# Directions:
Print, from the listing below, the lines starting at the line containing "that is kept." and ending at the line containing "unfolding override_api_keys reload_pool", exactly as they stand, and print nothing else.

# Data for the task:
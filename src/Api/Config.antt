-- ===== src/Api/Config.antt =====
-- src/main.go, the configuration: the defaults, what a file changes at the start, and what a changed
-- file changes later. JSON is read by the standard library: a field that the file lacks has Go's
-- zero value in `loaded`.
pub mod Merging
mod Tests
use business2api.Base.{
  ℕ, Bool, true, false, not, ◌&&◌, ◌||◌, List, [], ◌∷◌, Option, none, some, ltb, if◌then◌else◌,
  null, map, ℤ, pos, negsuc,
}
use business2api.Text.{Text, codes, eqb, trim_space, lower_ascii}
use business2api.Api.Auth.{any_key, override_api_keys}

pub record PoolConfig : Type 0 where
  pub target_count : ℤ
  pub min_count : ℤ
  pub check_interval_minutes : ℤ
  pub enable_go_register : Bool
  pub register_threads : ℤ
  pub register_headless : Bool
  pub mail_channel_order : List Text
  pub duck_mail_bearer : Text
  pub refresh_on_startup : Bool
  pub refresh_cooldown_sec : ℤ
  pub use_cooldown_sec : ℤ
  pub max_fail_count : ℤ
  pub enable_browser_refresh : Bool
  pub browser_refresh_headless : Bool
  pub browser_refresh_max_retry : ℤ
  pub auto_delete_401 : Bool
  pub external_refresh_mode : Bool
  pub registrar_base_url : Text

pub record FlowConfigSection : Type 0 where
  pub enable : Bool
  pub tokens : List Text
  pub proxy : Text
  pub timeout : ℤ
  pub poll_interval : ℤ
  pub max_poll_attempts : ℤ

pub record ProxyConfig : Type 0 where
  pub proxy : Text
  pub subscribes : List Text
  pub files : List Text
  pub health_check : Bool
  pub check_on_startup : Bool

-- `pool_server` is copied as it is: its type does not matter here.
pub record AppConfig {ℓ} (S : Type ℓ) : Type ℓ where
  pub api_keys : List Text
  pub listen_addr : Text
  pub data_dir : Text
  pub pool : PoolConfig
  pub proxy : Text
  pub proxy_subscribe : Text
  pub proxy_pool : ProxyConfig
  pub default_config : Text
  pub pool_server : S
  pub debug : Bool
  pub flow : FlowConfigSection
  pub note : List Text

unfoldable pub is_positive : ℤ → Bool
is_positive (pos n) = ltb 0 n
is_positive (negsuc n) = false

-- `if given > 0 { old = given }`, and the same for texts and lists that are not empty.
abbrev pub over_number : ℤ → ℤ → ℤ
over_number old given = if is_positive given then given else old

abbrev pub over_text : Text → Text → Text
over_text old given = if null given then old else given

abbrev pub over_list : List Text → List Text → List Text
over_list old given = if null given then old else given

abbrev pub chatgpt : List Text
chatgpt = codes "chatgpt" ∷ []

-- A channel in lower case, which ASCII letters have in the names that are kept.
abbrev pub channel_of : Text → Text
channel_of item = map lower_ascii (trim_space item)

abbrev pub is_channel : Text → Bool
is_channel ch = eqb ch (codes "duckmail") || eqb ch (codes "chatgpt")

unfoldable pub channels_from : List Text → List Text → List Text
channels_from seen [] = []
channels_from seen (item ∷ items) =
    let ch = channel_of item in
    let rest = channels_from seen items in
    let taken = channels_from (ch ∷ seen) items in
    if not (is_channel ch) then rest else if any_key (λ s. eqb s ch) seen then rest else ch ∷ taken

unfoldable pub normalize_mail_channel_order : List Text → List Text
unfolding channels_from
normalize_mail_channel_order order = over_list chatgpt (channels_from [] order)

abbrev pub over_trimmed : Text → Text → Text
over_trimmed old given = over_text old (trim_space given)

unfoldable pub merge_pool : PoolConfig → PoolConfig → PoolConfig
unfolding normalize_mail_channel_order is_positive
merge_pool base loaded = record base {
  target_count = over_number base.target_count loaded.target_count;
  min_count = over_number base.min_count loaded.min_count;
  check_interval_minutes = over_number base.check_interval_minutes loaded.check_interval_minutes;
  register_threads = over_number base.register_threads loaded.register_threads;
  mail_channel_order =
      if null loaded.mail_channel_order
      then base.mail_channel_order
      else normalize_mail_channel_order loaded.mail_channel_order;
  duck_mail_bearer = over_trimmed base.duck_mail_bearer loaded.duck_mail_bearer;
  registrar_base_url = over_trimmed base.registrar_base_url loaded.registrar_base_url;
  register_headless = loaded.register_headless;
  refresh_on_startup = loaded.refresh_on_startup;
  enable_browser_refresh = loaded.enable_browser_refresh;
  browser_refresh_headless = loaded.browser_refresh_headless;
  auto_delete_401 = loaded.auto_delete_401;
  refresh_cooldown_sec = over_number base.refresh_cooldown_sec loaded.refresh_cooldown_sec;
  use_cooldown_sec = over_number base.use_cooldown_sec loaded.use_cooldown_sec;
  max_fail_count = over_number base.max_fail_count loaded.max_fail_count;
  browser_refresh_max_retry =
      over_number base.browser_refresh_max_retry loaded.browser_refresh_max_retry;
}

unfoldable pub merge_proxy_pool : ProxyConfig → ProxyConfig → ProxyConfig
merge_proxy_pool base loaded = record {
  subscribes = over_list base.subscribes loaded.subscribes;
  files = over_list base.files loaded.files;
  proxy = over_text base.proxy loaded.proxy;
  health_check = loaded.health_check;
  check_on_startup = loaded.check_on_startup;
}

-- The Boolean fields that the file names, `none` where it does not.
abbrev pub named : Option Bool → Bool → Bool
named none old = old
named (some b) old = b

unfoldable pub reload_pool : Option Bool → Option Bool → PoolConfig → PoolConfig → PoolConfig
unfolding normalize_mail_channel_order
reload_pool go_register external base new = record base {
  refresh_cooldown_sec = new.refresh_cooldown_sec;
  use_cooldown_sec = new.use_cooldown_sec;
  max_fail_count = new.max_fail_count;
  enable_browser_refresh = new.enable_browser_refresh;
  browser_refresh_headless = new.browser_refresh_headless;
  browser_refresh_max_retry = new.browser_refresh_max_retry;
  auto_delete_401 = new.auto_delete_401;
  enable_go_register = named go_register base.enable_go_register;
  external_refresh_mode = named external base.external_refresh_mode;
  mail_channel_order = normalize_mail_channel_order new.mail_channel_order;
  duck_mail_bearer = trim_space new.duck_mail_bearer;
  registrar_base_url = over_trimmed base.registrar_base_url new.registrar_base_url;
}

module _ {ℓ} {S : Type ℓ} where
  unfoldable pub merge_config : AppConfig S → AppConfig S → AppConfig S
  unfolding merge_pool merge_proxy_pool
  merge_config base loaded = record base {
    api_keys = over_list base.api_keys loaded.api_keys;
    listen_addr = over_text base.listen_addr loaded.listen_addr;
    data_dir = over_text base.data_dir loaded.data_dir;
    proxy = over_text base.proxy loaded.proxy;
    default_config = over_text base.default_config loaded.default_config;
    debug = loaded.debug;
    pool = merge_pool base.pool loaded.pool;
    pool_server = loaded.pool_server;
    flow = loaded.flow;
    proxy_pool = merge_proxy_pool base.proxy_pool loaded.proxy_pool;
    note = over_list base.note loaded.note;
  }

  -- A file that can be read and parsed, under the environment's `API_KEYS`, `API_KEY` and
  -- `DUCKMAIL_BEARER`. The environment's secret of the pool server changes nothing that is kept.
  unfoldable pub reload_config :
      Text → Text → Text → Option Bool → Option Bool → AppConfig S → AppConfig S → AppConfig S
  unfolding override_api_keys reload_pool
  reload_config listed single bearer go_register external base new =
      let pool = new.pool in
      record base {
        api_keys = override_api_keys listed single new.api_keys;
        debug = new.debug;
        note = new.note;
        pool =
            reload_pool go_register external base.pool
              (record pool { duck_mail_bearer = over_trimmed pool.duck_mail_bearer bearer });
      }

# Task response:
  -- `DUCKMAIL_BEARER`. The environment's secret of the pool server changes nothing that is kept.
  unfoldable pub reload_config :
      Text → Text → Text → Option Bool → Option Bool → AppConfig S → AppConfig S → AppConfig S
  unfolding override_api_keys reload_pool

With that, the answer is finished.